A second decision on the same day reaffirms this analysis with regard to a suspension of meal vouchers following the closure of the company restaurant (No. 24-10566).

Is the Employee's Consent Required for a Change in Position?

 It is established that an employee's job classification is an element of the employment contract that cannot be changed without their consent. An employee's job classification is assessed in light of the duties they actually perform.

The Court of Cassation has reiterated these principles in a decision handed down on 17 September 2025 (No. 24-16336).

In this case, an employee who was an "office manager" had been assigned the duties of an "accounting and management assistant." Her office manager duties had been entrusted to a newly hired colleague.
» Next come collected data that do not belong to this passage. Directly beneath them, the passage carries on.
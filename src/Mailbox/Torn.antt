-- ===== src/Mailbox/Torn.antt =====
-- What is read after a write of the state that was cut short, once and twice.
use csi_sanlock_lvm.Base.{
  ℕ, ◌+◌, ◌-◌, ◌*◌, ◌≤◌, ◌≡◌, ◌⊎◌, inl, inr, refl, sym, ap, ◌∙◌, [], ◌∷◌, ◌++◌, Bytes, bytes_eq,
  bytes_eq_iff, bytes_eq_refl, take, drop, length, length-append, drop-append, leb, ◌==◌,
  if◌then◌else◌, true, Bool-cases, arith, ok, le→leb,
}
use csi_sanlock_lvm.Mailbox.Device.{
  read_at, write_at, overwrite, take-append, length-drop, length-overwrite, overwrite-front,
  drop-overwrite,
}
use csi_sanlock_lvm.Mailbox.Layout.{choose, read_state, write_state}
use csi_sanlock_lvm.Mailbox.State.{
  thrice, mixed, torn, choose-parts, torn-first, torn-second, torn-third, overwrite-left,
  overwrite-append, length-take_le,
}

module _ (a b c new : Bytes) (n : ℕ) (ha : length a ≡ n) (hb : length b ≡ n) (hc : length c ≡ n)
    (hn : length new ≡ n) where
  choose-first :
      (k : ℕ)
      → k ≤ n
      → choose n (torn a b c new k) ≡ (if bytes_eq (mixed a new k) b then mixed a new k else c)
  choose-first k h =
      ap (choose n) (torn-first a b c new n ha hb hc hn k h)
      ∙ choose-parts (mixed a new k) b c n (length-overwrite a 0 (take k new) ∙ ha) hb hc

  choose-second :
      (j : ℕ)
      → j ≤ n
      → choose n (torn a b c new (n + j)) ≡ (if bytes_eq new (mixed b new j) then new else c)
  choose-second j h =
      ap (choose n) (torn-second a b c new n ha hb hc hn j h)
      ∙ choose-parts new (mixed b new j) c n hn (length-overwrite b 0 (take j new) ∙ hb) hc

  choose-third : (j : ℕ) → choose n (torn a b c new (n + (n + j))) ≡ new
  choose-third j =
      ap (choose n) (torn-third a b c new n ha hb hc hn j)
      ∙ choose-parts new new (mixed c new j) n hn hn (length-overwrite c 0 (take j new) ∙ hc)
      ∙ rw (bytes_eq_refl new) refl

pub read_at-fits :
    (file : Bytes) (offset n : ℕ)
    → offset + n ≤ length file
    → read_at file offset n ≡ ok (take n (drop offset file))
unfolding read_at
read_at-fits file offset n fits = rw (le→leb _ _ fits) refl

read_state-choose :
    (b n : ℕ) (file : Bytes)
    → b + 3 * n ≤ length file
    → read_state b n file ≡ ok (choose n (take (3 * n) (drop b file)))
unfolding read_state
read_state-choose b n file fits = rw (read_state, read_at-fits file b (3 * n) fits) refl

overwrite-behind :
    (head s buf : Bytes) → overwrite (head ++ s) (length head) buf ≡ head ++ overwrite s 0 buf
unfolding overwrite
overwrite-behind [] s buf = refl
overwrite-behind (c ∷ head) s buf = ap (λ r. c ∷ r) (overwrite-behind head s buf)

-- What a write behind the header changes.
overwrite-region :
    (head region rest buf : Bytes)
    → length buf ≤ length region
    → overwrite (head ++ (region ++ rest)) (length head) buf
      ≡ head ++ (overwrite region 0 buf ++ rest)
overwrite-region head region rest buf h =
    overwrite-behind head (region ++ rest) buf
    ∙ ap (λ r. head ++ r) (overwrite-left region rest buf h)

-- Reading the copies that stand behind the header.
read_state-region :
    (head region rest : Bytes) (n : ℕ)
    → length region ≡ 3 * n
    → read_state (length head) n (head ++ (region ++ rest)) ≡ ok (choose n region)
read_state-region head region rest n hr =
    read_state-choose (length head) n _ enough ∙ ap (λ r. ok (choose n r)) reads
  where
    enough : length head + 3 * n ≤ length (head ++ (region ++ rest))
    enough = rw (length-append head (region ++ rest), length-append region rest) (omega arith)

    reads : take (3 * n) (drop (length head) (head ++ (region ++ rest))) ≡ region
    reads =
        ap (take (3 * n)) (drop-append head (region ++ rest))
        ∙ ap (λ k. take k (region ++ rest)) (sym hr)
        ∙ take-append region rest

pub write_at-fits :
    (offset : ℕ) (buf file : Bytes)
    → offset + length buf ≤ length file
    → write_at offset buf file ≡ (ok tt, overwrite file offset buf)
unfolding write_at
write_at-fits offset buf file fits = rw (le→leb _ _ fits) refl

-- The write of a state that fits is one write of three copies.
pub write_state-overwrite :
    (b n : ℕ) (state file : Bytes)
    → length state ≡ n
    → b + 3 * n ≤ length file
    → write_state b n state file ≡ (ok tt, overwrite file b (thrice state))
unfolding write_state
write_state-overwrite b n state file hs fits =
    rw
      (
        hs,
        n-same,
        write_at-fits b state file (omega arith),
        write_at-fits (b + n) state one fits_two,
        write_at-fits (b + 2 * n) state two fits_three,
      )
      (ap (λ r. (ok tt, r)) (sym joined))
  where
    n-same : (n == n) ≡ true
    n-same = ground arith

    one : Bytes
    one = overwrite file b state

    two : Bytes
    two = overwrite one (b + n) state

    fits_two : b + n + length state ≤ length one
    fits_two = rw (length-overwrite file b state) (omega arith)

    fits_three : b + 2 * n + length state ≤ length two
    fits_three =
        rw (length-overwrite one (b + n) state, length-overwrite file b state) (omega arith)

    joined : overwrite file b (thrice state) ≡ overwrite two (b + 2 * n) state
    joined =
        overwrite-append file b state (state ++ state)
        ∙ ap (λ k. overwrite one (b + k) (state ++ state)) hs
        ∙ overwrite-append one (b + n) state state
        ∙ ap (λ k. overwrite two k state) (omega arith)

choose-torn :
    (old new : Bytes) (n k : ℕ)
    → length old ≡ n
    → length new ≡ n
    → (choose n (torn old old old new k) ≡ old) ⊎ (choose n (torn old old old new k) ≡ new)
choose-torn old new n k ho hn = elim (Bool-cases (leb k n)) [
  | inl low ↦ inl (
      choose-first old old old new n ho ho ho hn k (ground arith)
      ∙ ground (arith, bytes_eq_iff (mixed old new k) old))
  | inr high ↦ elim (Bool-cases (leb k (2 * n))) [
    | inl mid ↦
        let j = k - n in
        let e : k ≡ n + j = ground arith in
        let two =
          ap (λ m. choose n (torn old old old new m)) e
          ∙ choose-second old old old new n ho ho ho hn j (ground arith) in
        elim (Bool-cases (bytes_eq new (mixed old new j))) [
          | inl same ↦ inr (two ∙ rw same refl)
          | inr differ ↦ inl (two ∙ rw differ refl)
        ]
    | inr late ↦
        let j = k - 2 * n in
        let e : k ≡ n + (n + j) = ground arith in
        inr (
          ap (λ m. choose n (torn old old old new m)) e
          ∙ choose-third old old old new n ho ho ho hn j)
  ]
]

pub length-thrice : (s : Bytes) (n : ℕ) → length s ≡ n → length (thrice s) ≡ 3 * n
length-thrice s n h =
    length-append s (s ++ s) ∙ ap (λ k. length s + k) (length-append s s) ∙ omega arith

-- A write of the state over three equal copies that is cut short after any number `k` of bytes is atomic:
-- the next reader gets the old state or the new one, whole.
pub read_state-torn :
    (head rest old new : Bytes) (n k : ℕ)
    → length old ≡ n
    → length new ≡ n
    → k ≤ 3 * n
    → let file = overwrite (head ++ (thrice old ++ rest)) (length head) (take k (thrice new)) in
      (read_state (length head) n file ≡ ok old) ⊎ (read_state (length head) n file ≡ ok new)
read_state-torn head rest old new n k ho hn hk =
    let region = overwrite (thrice old) 0 (take k (thrice new)) in
    let fits : length (take k (thrice new)) ≤ length (thrice old) =
      omega (arith, length-take_le k (thrice new), length-thrice old n ho) in
    let reads =
      ap (read_state (length head) n)
        (overwrite-region head (thrice old) rest (take k (thrice new)) fits)
      ∙ read_state-region head region rest n
          (length-overwrite (thrice old) 0 (take k (thrice new)) ∙ length-thrice old n ho) in
    elim (choose-torn old new n k ho hn) [
      | inl e ↦ inl (reads ∙ ap ok e)
      | inr e ↦ inr (reads ∙ ap ok e)
    ]

-- A state that has been written, with room for its three copies behind the header, is the one read next.
read_state-write_state :
    (b n : ℕ) (state file : Bytes)
    → length state ≡ n
    → b + 3 * n ≤ length file
    → let (outcome, after) = write_state b n state file in
      (outcome ≡ ok tt) × (read_state b n after ≡ ok state)
read_state-write_state b n state file hs fits =
    let e = write_state-overwrite b n state file hs fits in
    (ap (λ r. r.0) e, ap (λ r. read_state b n r.1) e ∙ reads)
  where
    behind :
        drop b (overwrite file b (thrice state))
        ≡ thrice state ++ drop (length (thrice state)) (drop b file)
    behind =
        drop-overwrite file b b (thrice state) (omega arith)
        ∙ ap (λ k. overwrite (drop b file) k (thrice state)) (omega arith)
        ∙ overwrite-front (drop b file) (thrice state)
            (omega (arith, length-thrice state n hs, length-drop b file))

    reads : read_state b n (overwrite file b (thrice state)) ≡ ok state
    reads =
        read_state-choose b n _ (rw (length-overwrite file b (thrice state)) fits)
        ∙ ap (λ r. ok (choose n r))
            (ap (take (3 * n)) behind
              ∙ ap (λ k. take k (thrice state ++ drop (length (thrice state)) (drop b file)))
                  (sym (length-thrice state n hs))
              ∙ take-append (thrice state) (drop (length (thrice state)) (drop b file)))
        ∙ ap ok (choose-parts state state state n hs hs hs ∙ rw (bytes_eq_refl state) refl)

-- So the state is read from where its copies stand.
pub read_state-overwrite :
    (b n : ℕ) (state file : Bytes)
    → length state ≡ n
    → b + 3 * n ≤ length file
    → read_state b n (overwrite file b (thrice state)) ≡ ok state
read_state-overwrite b n state file hs fits =
    ap (λ r. read_state b n r.1) (sym (write_state-overwrite b n state file hs fits))
    ∙ (read_state-write_state b n state file hs fits).1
The Court of Appeal awarded the employee €600 in compensation for the damage suffered as a result of the change in her job title.

However, the Court of Cassation does not agree with this analysis. The Court of Appeal should have verified whether the new duties performed by the employee corresponded to the same level of qualification, responsibility, and hierarchical position as her previous duties.

This solution is logical. In most cases, a change in job title entails a real change in classification, which must be subject to the employee's agreement.

Gender Equality and Agreement or Action Plan: Three Important Clarifications

A decision by the French Council of State on 1 October 2025 (CE, 1 Oct. 2025, No. 495549) addresses three important aspects of the obligation to set up an agreement or action plan covering gender equality in the workplace.

First, it confirms the position taken in a DGT instruction dated 4 April 2017: companies with at least 50 employees that do not have a union branch are required to be covered by an agreement or action plan on workplace gender equality.

Secondly, the decision specifies that it is up to the administration, under the oversight of the administrative judge, to ensure, without assessing the appropriateness of the choices made by the company, that the agreement or action plan includes all the required measures.

Lastly, the decision addresses the basis for calculating the financial penalty in the specific case of a failure to communicate, within the time limit set by the administration, the amount of remuneration and earnings to be used as the basis for calculating the penalty.